The two computationally intensive operations are the evaluation and differentiation $\partial$ and the linear system solving $\backslash$ . The residual computation $\|{\bf b}(t)-A(t)\Delta{\bf x}(t)\|$ is for monitoring the convergence of the method and can be omitted.

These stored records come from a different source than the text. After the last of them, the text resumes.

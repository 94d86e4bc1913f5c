-- ===== src/Threading/Fair.antt =====
-- Many switches one after the other: every running thread gets its turn.
use os_course_term.Common.{
  ℕ, suc, ◌+◌, ◌^◌, ◌<◌, ◌≡◌, refl, sym, ap, ◌∙◌, subst, arith, false, List, [], ◌∷◌, ◌++◌, length,
  has, Outcome, ok, and_then, Returns, returns, Returns-bind, Returns-mono, subst₂,
}
use mathlib.Core.List.{append_assoc}
use os_course_term.LinkedList.Ring.{IsRing}
use os_course_term.Threading.Switch.{
  Scheduler, list_of, thread_running, switch_thread_switch, switch-IsRoundRobin,
}

abbrev pub lists_of : List ℕ → List ℕ
lists_of [] = []
lists_of (t ∷ ts) = list_of t ∷ lists_of ts

pub lists_of-append : (ts us : List ℕ) → lists_of (ts ++ us) ≡ lists_of ts ++ lists_of us
lists_of-append [] us = refl
lists_of-append (t ∷ ts) us = ap (λ (r : List ℕ). list_of t ∷ r) (lists_of-append ts us)

abbrev pub AllRunning : Scheduler → List ℕ → Type 0
AllRunning s [] = Unit {0}
AllRunning s (t ∷ ts) = ((s.threads t).state ≡ thread_running) × (t + 16 < 2 ^ 64) × AllRunning s ts

pub AllRunning-append :
    (s : Scheduler) (ts us : List ℕ) → AllRunning s ts → AllRunning s us → AllRunning s (ts ++ us)
AllRunning-append s [] us a b = b
AllRunning-append s (t ∷ ts) us (r, small, a) b = (r, small, AllRunning-append s ts us a b)

pub AllRunning-kept :
    (s s' : Scheduler) (ts : List ℕ)
    → ((t : ℕ) → (s.threads t).state ≡ thread_running → (s'.threads t).state ≡ thread_running)
    → AllRunning s ts
    → AllRunning s' ts
AllRunning-kept s s' [] kept a = tt
AllRunning-kept s s' (t ∷ ts) kept (r, small, a) = (kept t r, small, AllRunning-kept s s' ts kept a)

-- The current thread and those of the queue, in its order, are all running, and are different.
pub record IsScheduled (s : Scheduler) (ts : List ℕ) : Type 0 where
  pub ring : IsRing s.heads s.running_threads (lists_of ts)
  pub apart : has (list_of s.current_thread) (s.running_threads ∷ lists_of ts) ≡ false
  pub running : AllRunning s (s.current_thread ∷ ts)

pub apart_same :
    {c t head' head : ℕ} {xs ys : List ℕ}
    → c ≡ t
    → head' ≡ head
    → xs ≡ ys
    → has (list_of t) (head ∷ ys) ≡ false
    → has (list_of c) (head' ∷ xs) ≡ false
apart_same {t = t} {head' = head'} {xs = xs} {ys = ys} e f g h =
    subst (λ (c : ℕ). has (list_of c) (head' ∷ xs) ≡ false) (sym e)
      (subst₂ (λ (head : ℕ) (zs : List ℕ). has (list_of t) (head ∷ zs) ≡ false) (sym f) (sym g) h)

switch-IsScheduled :
    (s : Scheduler) (old_rsp t : ℕ) (ts : List ℕ)
    → IsScheduled s (t ∷ ts)
    → Returns
        (λ rsp s'. (s'.current_thread ≡ t) × IsScheduled s' (ts ++ s.current_thread ∷ []))
        (switch_thread_switch old_rsp s)
switch-IsScheduled s old_rsp t ts v =
    let (s', run, w) =
      switch-IsRoundRobin s old_rsp t (lists_of ts) v.ring v.apart v.running.0 v.running.2.1 in
    let queue = sym (lists_of-append ts (s.current_thread ∷ [])) in
    rw run (
      returns (
        w.current,
        record {
          ring =
              subst₂ (λ (head : ℕ) (xs : List ℕ). IsRing s'.heads head xs) (sym w.queue) queue
                w.ring;
          apart = apart_same w.current w.queue (sym queue) w.apart;
          running =
              AllRunning-kept s s' (s'.current_thread ∷ ts ++ s.current_thread ∷ [])
                (λ u r. w.states u ∙ r)
                (rw w.current (
                  v.running.2.0,
                  v.running.2.1,
                  AllRunning-append s ts (s.current_thread ∷ []) v.running.2.2
                      (v.running.0, v.running.1, tt),
                ));
        },
      ))

-- The switches that the timer makes, one for each saved stack.
pub switches : List ℕ → Scheduler → Outcome Scheduler (Unit {0})
switches [] s = ok tt s
switches (rsp ∷ rsps) s = and_then (switch_thread_switch rsp s) λ _. switches rsps

-- As long as all threads keep running, every thread of the queue becomes the current one after as
-- many switches as it has threads before it, and one more; those before it then come after the old
-- current one in the queue.
pub switches_turn :
    (before : List ℕ) (t : ℕ) (behind rsps : List ℕ) (s : Scheduler)
    → IsScheduled s (before ++ t ∷ behind)
    → length rsps ≡ suc (length before)
    → Returns
        (λ _ s'. (s'.current_thread ≡ t) × IsScheduled s' (behind ++ s.current_thread ∷ before))
        (switches rsps s)
unfolding switches
switches_turn before t behind [] s v h = absurd (omega arith)
switches_turn [] t behind (rsp ∷ []) s v h =
    Returns-bind (switch-IsScheduled s rsp t behind v) λ _ s' w. returns w
switches_turn [] t behind (rsp ∷ more ∷ rsps) s v h = absurd (omega arith)
switches_turn (x ∷ before) t behind (rsp ∷ rsps) s v h =
    Returns-bind (switch-IsScheduled s rsp x (before ++ t ∷ behind) v) λ _ s' (current, w).
      let again : IsScheduled s' (before ++ t ∷ (behind ++ s.current_thread ∷ [])) =
        subst (IsScheduled s') (append_assoc before (t ∷ behind) (s.current_thread ∷ [])) w in
      Returns-mono
        (switches_turn before t (behind ++ s.current_thread ∷ []) rsps s' again (omega arith))
        λ _ s'' (turn, u). (turn, subst (IsScheduled s'') (order s' current) u)
  where
    order :
        (s' : Scheduler)
        → s'.current_thread ≡ x
        → (behind ++ s.current_thread ∷ []) ++ s'.current_thread ∷ before
          ≡ behind ++ s.current_thread ∷ x ∷ before
    order s' e = rw e (append_assoc behind (s.current_thread ∷ []) (x ∷ before))
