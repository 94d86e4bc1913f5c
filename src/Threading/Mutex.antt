-- ===== src/Threading/Mutex.antt =====
-- `mutex_lock` and `mutex_unlock` of threading.c. A round of `mutex_lock` ends when the thread has the
-- mutex, or where it yields; `log` only prints.
use os_course_term.Common.{
  ℕ, ◌+◌, ◌-◌, Bool, true, false, ◌&&◌, not, ◌==◌, if◌then◌else◌, Outcome, ok, Cmd, ◌≡◌, sym, ap,
  arith, Bool-cases, inl, inr, ==_refl, ==_iff, ◌>>=◌, ◌>>◌, assert,
}
use os_course_term.LinkedList.{list_init, list_empty, list_first}
use os_course_term.Threading.Switch.{Scheduler, thread_of, with_state, enqueue, make_running}

abbrev pub thread_waiting : ℕ
thread_waiting = 3

-- `queue` is the address of the list head.
pub record Mutex : Type 0 where
  pub locked : ℕ
  pub owner : ℕ
  pub queue : ℕ

pub record MutexState : Type 0 where
  pub scheduler : Scheduler
  pub mutex : Mutex

abbrev pub set_interrupts : Bool → MutexState → MutexState
set_interrupts flags m = record m { scheduler = record m.scheduler { interrupts = flags } }

abbrev pub is_taken : MutexState → Bool
is_taken m = not (m.mutex.locked == 0) && not (m.mutex.owner == m.scheduler.current_thread)

-- The body of the loop, up to `yield`.
pub wait_in_queue : MutexState → MutexState
wait_in_queue m =
    let s = enqueue m.mutex.queue m.scheduler.current_thread m.scheduler in
    record m { scheduler = with_state s.current_thread thread_waiting s }

-- A queue whose head has no `next` is initialized.
pub take_mutex : MutexState → MutexState
take_mutex m =
    let s = m.scheduler in
    let q = m.mutex.queue in
    record {
      scheduler = if s.heads.next q == 0 then record s { heads = list_init q s.heads } else s;
      mutex = record m.mutex { locked = m.mutex.locked + 1; owner = s.current_thread };
    }

-- `flags` is what `get_rflags` returned when the thread called `mutex_lock`.
pub mutex_lock_round : (flags : Bool) → Cmd MutexState Bool
mutex_lock_round flags m =
    if is_taken m
    then ok false (wait_in_queue (set_interrupts false m))
    else ok true (set_interrupts flags (take_mutex (set_interrupts false m)))

-- `if (!list_empty(&lock->queue)) …`
pub wake_first : MutexState → MutexState
wake_first m =
    let s = m.scheduler in
    let first = thread_of (list_first m.mutex.queue s.heads) in
    if list_empty m.mutex.queue s.heads then m else record m { scheduler = make_running first s }

-- `if (!--lock->locked) …`
pub give_back : MutexState → MutexState
give_back m =
    let freed = record m { mutex = record m.mutex { locked = m.mutex.locked - 1; owner = 0 } } in
    if m.mutex.locked - 1 == 0
    then wake_first freed
    else record m { mutex = record m.mutex { locked = m.mutex.locked - 1 } }

pub mutex_unlock : Cmd MutexState (Unit {0})
mutex_unlock m =
    (do
      assert (not (m.mutex.locked == 0))
      assert (m.mutex.owner == m.scheduler.current_thread)
      λ s. ok tt (set_interrupts m.scheduler.interrupts (give_back s)))
      (set_interrupts false m)

-- With the mutex in no other thread's hands and nobody in its queue, a lock and an unlock leave it, and
-- the interrupt flag, as they were.
pub mutex_lock_round-mutex_unlock :
    (m : MutexState)
    → is_taken m ≡ false
    → (m.mutex.locked ≡ 0 → m.mutex.owner ≡ 0)
    → (m.scheduler.heads.next m.mutex.queue == 0) ≡ false
    → list_empty m.mutex.queue m.scheduler.heads ≡ true
    → (mutex_lock_round m.scheduler.interrupts >>= λ b. mutex_unlock) m ≡ ok tt m
unfolding mutex_lock_round mutex_unlock take_mutex give_back wake_first
mutex_lock_round-mutex_unlock m free unowned ready empty =
    let taken : (m.mutex.locked + 1 == 0) ≡ false = ground arith in
    let count : m.mutex.locked + 1 - 1 ≡ m.mutex.locked = omega arith in
    let with_owner : ℕ → Outcome MutexState (Unit {0}) =
      λ o. ok tt (record m { mutex = record m.mutex { owner = o } }) in
    elim (Bool-cases (m.mutex.locked == 0)) [
      | inl last ↦
          simp (taken, count, ready, empty, last, ==_refl)
            (ap with_owner (sym (unowned ((==_iff m.mutex.locked 0).0 last))))
      | inr more ↦
          let mine : m.scheduler.current_thread ≡ m.mutex.owner = ground arith in
          let held : (m.mutex.owner == m.scheduler.current_thread) ≡ true = ground arith in
          simp (held, taken, count, ready, empty, more, ==_refl) (ap with_owner mine)
    ]
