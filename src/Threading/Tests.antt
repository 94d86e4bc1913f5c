-- ===== src/Threading/Tests.antt =====
-- The theorems about the locks and the switch, at some calls and states of two threads.
use os_course_term.Common.{
  Returns, ℕ, ◌==◌, if◌then◌else◌, ◌+◌, ◌≡◌, refl, arith, true, [], ◌∷◌, List, ok, blocked, ◌>>◌,
  ◌>>=◌,
}
use os_course_term.Threading.Mutex.{
  MutexState, mutex_lock_round, mutex_unlock, mutex_lock_round-mutex_unlock,
}
use os_course_term.LinkedList.{list_empty}
use os_course_term.Threading.Switch.{
  Scheduler, IsSwitched, switch_thread_switch, switch-IsRoundRobin,
}
use os_course_term.Threading.Fair.{IsScheduled, switches, switches_turn}
use os_course_term.Threading.{SpinState, spin_lock, spin_unlock}
use os_course_term.Threading.Spin.{
  spin_lock-blocked, spin_lock-spin_unlock, System, Call, step, run, run-exclusive,
}

abbrev lock_of : (locked owner : ℕ) → SpinState
lock_of locked owner = record {
  lock = record { locked = locked; owner = owner };
  interrupts = true;
}

spin_lock-blocked_example : spin_lock 8 (lock_of 2 4) ≡ blocked
spin_lock-blocked_example = spin_lock-blocked 8 (lock_of 2 4) (omega arith) (omega arith)

spin_lock-spin_unlock_example : (spin_lock 4 >> spin_unlock 4) (lock_of 2 4) ≡ ok tt (lock_of 2 4)
spin_lock-spin_unlock_example =
    spin_lock-spin_unlock 4 (lock_of 2 4) (record { free = λ e. absurd (omega arith) }) refl

abbrev no_calls : System
no_calls = record { cpu = lock_of 0 0; depth = λ t. 0 }

-- Thread 4 locks twice and unlocks once; thread 8 blocks.
abbrev calls : List Call
calls = Call.lock 4 ∷ Call.lock 8 ∷ Call.lock 4 ∷ Call.unlock 4 ∷ []

calls_depth : ((run no_calls calls).depth 4 ≡ 1) × ((run no_calls calls).depth 8 ≡ 0)
unfolding run step spin_lock spin_unlock
calls_depth = (refl, refl)

run-exclusive_example : ◌≡◌ {A = ℕ} 4 4
run-exclusive_example =
    run-exclusive no_calls calls 4 4
      (record { lock = record { free = λ e. refl }; depth = λ t h. ground arith })
      (omega arith, (omega arith, (omega arith, (omega arith, tt)))) (omega arith) (omega arith)
      (omega (arith, calls_depth.0)) (omega (arith, calls_depth.0))

-- Thread 2000 runs, and thread 1000 waits in the queue at 8.
abbrev two_threads : Scheduler
two_threads = record {
  threads = λ t. record { stack_start = 4096; rsp = t + 512; state = 1 };
  heads = record { next = λ p. if p == 8 then 1016 else 8; prev = λ p. if p == 8 then 1016 else 8 };
  running_threads = 8;
  sleeping_threads = 32;
  current_thread = 2000;
  threads_mgmt_lock = record { locked = 0; owner = 0 };
  interrupts = true;
}

switch-IsRoundRobin_example :
    (s' : Scheduler) × (switch_thread_switch 600 two_threads ≡ ok 1512 s')
    × IsSwitched two_threads 600 1000 [] s'
switch-IsRoundRobin_example =
    switch-IsRoundRobin two_threads 600 1000 []
      (record { links = (refl, refl, (refl, refl)); distinct = (refl, (refl, tt)) }) refl refl
      (omega arith)

-- Thread 2000 runs, and 1000 and 3000 are in the queue.
abbrev three_threads : Scheduler
three_threads = record two_threads {
  heads = record {
    next = λ p. if p == 8 then 1016 else if p == 1016 then 3016 else 8;
    prev = λ p. if p == 8 then 3016 else if p == 3016 then 1016 else 8;
  };
}

-- After two switches it is the turn of thread 3000.
switches_turn_example :
    Returns
      (λ _ s'. (s'.current_thread ≡ 3000) × IsScheduled s' (2000 ∷ 1000 ∷ []))
      (switches (600 ∷ 700 ∷ []) three_threads)
switches_turn_example =
    switches_turn (1000 ∷ []) 3000 [] (600 ∷ 700 ∷ []) three_threads
      (record {
        ring = record {
          links = (refl, refl, (refl, refl, (refl, refl)));
          distinct = (refl, (refl, (refl, tt)));
        };
        apart = refl;
        running = (refl, omega arith, (refl, omega arith, (refl, omega arith, tt)));
      })
      refl

-- A mutex with an empty queue at 64, which thread 2000 has taken once.
abbrev own_mutex : MutexState
own_mutex = record {
  scheduler = record two_threads {
    heads = record { next = λ p. if p == 64 then 64 else 0; prev = λ p. 64 };
  };
  mutex = record { locked = 1; owner = 2000; queue = 64 };
}

own_queue-empty : list_empty 64 own_mutex.scheduler.heads ≡ true
unfolding list_empty
own_queue-empty = refl

mutex_lock_round-mutex_unlock_example :
    (mutex_lock_round true >>= λ b. mutex_unlock) own_mutex ≡ ok tt own_mutex
mutex_lock_round-mutex_unlock_example =
    mutex_lock_round-mutex_unlock own_mutex refl (λ e. absurd (omega arith)) refl own_queue-empty
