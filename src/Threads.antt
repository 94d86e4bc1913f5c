-- ===== src/Threads.antt =====
-- `create_thread`, `init_threading` and `wait` of threading.c: threads come from a slab allocator, and
-- their stacks from `valloc`.
pub mod Create
pub mod Kernel
pub mod Spawn
pub mod Wait
mod Tests
mod WaitTests
use os_course_term.Common.{
  ℕ, ◌+◌, ◌-◌, ◌*◌, ◌^◌, ◌==◌, not, if◌then◌else◌, List, [], ◌∷◌, update, ok, blocked, Cmd, pure,
  ◌>>=◌, ◌>>◌, within, sub64, add64, land64,
}
use os_course_term.Memory.{valloc, vfree}
use os_course_term.Slab.Allocator.{
  SlabHeap, HeapCmd, on_phys, slab_allocator_init, slab_allocator_alloc, slab_allocator_free,
}
use os_course_term.Threading.{spin_lock, spin_unlock}
use os_course_term.Threading.Switch.{
  Thread, Scheduler, SchedulerCmd, on_mgmt, enqueue, thread_running, thread_terminated,
}

-- `threads_alloc` with its memory, the threads, and the words of the stacks by their addresses.
pub record ThreadsState : Type 0 where
  pub threads_alloc : SlabHeap
  pub scheduler : Scheduler
  pub words : ℕ → ℕ

abbrev pub ThreadsCmd : Type 0 → Type 0
ThreadsCmd A = Cmd ThreadsState A

-- The allocator runs as the current thread, with the interrupt flag of the processor.
abbrev pub heap_of : ThreadsState → SlabHeap
heap_of s = record s.threads_alloc {
  phys = record s.threads_alloc.phys {
    current_thread = s.scheduler.current_thread;
    interrupts = s.scheduler.interrupts;
  };
}

abbrev pub with_heap : ThreadsState → SlabHeap → ThreadsState
with_heap s h = record s {
  threads_alloc = h;
  scheduler = record s.scheduler { interrupts = h.phys.interrupts };
}

abbrev pub on_heap : {A : Type 0} → HeapCmd A → ThreadsCmd A
on_heap m s = within (with_heap s) (m (heap_of s))

abbrev pub on_scheduler : {A : Type 0} → SchedulerCmd A → ThreadsCmd A
on_scheduler m s = within (λ r. record s { scheduler = r }) (m s.scheduler)

abbrev pub set_thread : (t : ℕ) → (Thread → Thread) → ThreadsCmd (Unit {0})
set_thread t f s = ok tt (record s {
  scheduler = record s.scheduler {
    threads = update s.scheduler.threads t (f (s.scheduler.threads t));
  };
})

-- `rflags` without the status bits and DF, and with IF.
pub entry_rflags : ℕ → ℕ
entry_rflags rflags =
    let cleared = land64 (land64 rflags (2 ^ 64 - 1 - 2261)) (2 ^ 64 - 1 - 2 ^ 10) in
    if land64 cleared (2 ^ 9) == 0 then cleared + 2 ^ 9 else cleared

-- `*--stack = w` for each of the words.
pub push_all : List ℕ → (stack : ℕ) → ThreadsCmd ℕ
push_all [] stack s = ok stack s
push_all (w ∷ ws) stack s =
    push_all ws (sub64 stack 8) (record s { words = update s.words (sub64 stack 8) w })

abbrev pub thread_stack_size : ℕ
thread_stack_size = 8192

-- `list_add_tail(&t->list, &running_threads)`
abbrev pub add_running : ℕ → ThreadsCmd (Unit {0})
add_running t s = ok tt (record s { scheduler = enqueue s.scheduler.running_threads t s.scheduler })

-- `thread_entry` is code of threading_asm.S, and `rflags` what `get_rflags` has read.
pub create_thread : (thread_entry rflags entry arg : ℕ) → ThreadsCmd ℕ
create_thread thread_entry rflags entry arg = do
  t ← on_heap slab_allocator_alloc
  stack_start ← on_heap (on_phys (valloc thread_stack_size))
  set_thread t (λ x. record x { stack_start = stack_start })
  stack ←
      push_all (thread_entry ∷ entry_rflags rflags ∷ arg ∷ entry ∷ 0 ∷ 0 ∷ 0 ∷ 0 ∷ [])
        (add64 stack_start thread_stack_size)
  on_scheduler (on_mgmt spin_lock)
  set_thread t (λ x. record x { rsp = stack; state = thread_running })
  add_running t
  on_scheduler (on_mgmt spin_unlock)
  pure t

abbrev pub sizeof_thread : ℕ
sizeof_thread = 40

pub init_threading : (thread_entry rflags idle_thread : ℕ) → ThreadsCmd ℕ
init_threading thread_entry rflags idle_thread = do
  on_heap (slab_allocator_init sizeof_thread 1)
  t ← on_heap slab_allocator_alloc
  λ s. ok tt (record s { scheduler = record s.scheduler { current_thread = t } })
  set_thread t (λ x. record x { stack_start = 0; state = thread_running })
  create_thread thread_entry rflags idle_thread 0

-- A call that would `yield` first is `blocked`.
unfoldable pub wait : ℕ → ThreadsCmd (Unit {0})
wait t s =
    if not ((s.scheduler.threads t).state == thread_terminated)
    then blocked
    else (on_heap (on_phys (vfree (s.scheduler.threads t).stack_start))
          >> on_heap (slab_allocator_free t))
        s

The high level description does not incorporate the staggered nature of the updates. As will be explained in section 4 below not all coefficient vectors of the series are involved in all stages.

3 Columns of Monomials

We start by considering polynomial systems of the form ${\bf x}^{E}={\bf b}(t)$ , where $E$ is an exponent matrix which contains in its rows the exponent vectors of the variables ${\bf x}$ . The right hand side ${\bf b}(t)$ is a vector of power series. For example, $n=3$ , ${\bf x}=[x_{1},x_{2},x_{3}]$ :

E=\left[\begin{array}[]{ccc}1&0&0\\ 1&1&0\\ 1&1&1\end{array}\right]\quad\left\{\begin{array}[]{lcl}x_{1}&=&b_{1}(t)\\ x_{1}x_{2}&=&b_{2}(t)\\ x_{1}x_{2}x_{3}&=&b_{3}(t)\end{array}\right.

(5)

where the solutions $x_{k}(t)$ , $k=1,2,3$ , are of the form

\exp(\alpha t)+O(t^{4})=1+\alpha t+\frac{\alpha^{2}}{2!}t^{2}+\frac{\alpha^{3}}{3!}t^{3}+O(t^{4}),

(6)

with $\alpha\in[-1,-1+\delta]\cup[1-\delta,1]$ , $\delta>0$ , or $|\alpha|=1$ for random $\alpha\in{\mathbb{C}}$ . The $\alpha$ introduces numerical variation in the coefficients of the solutions.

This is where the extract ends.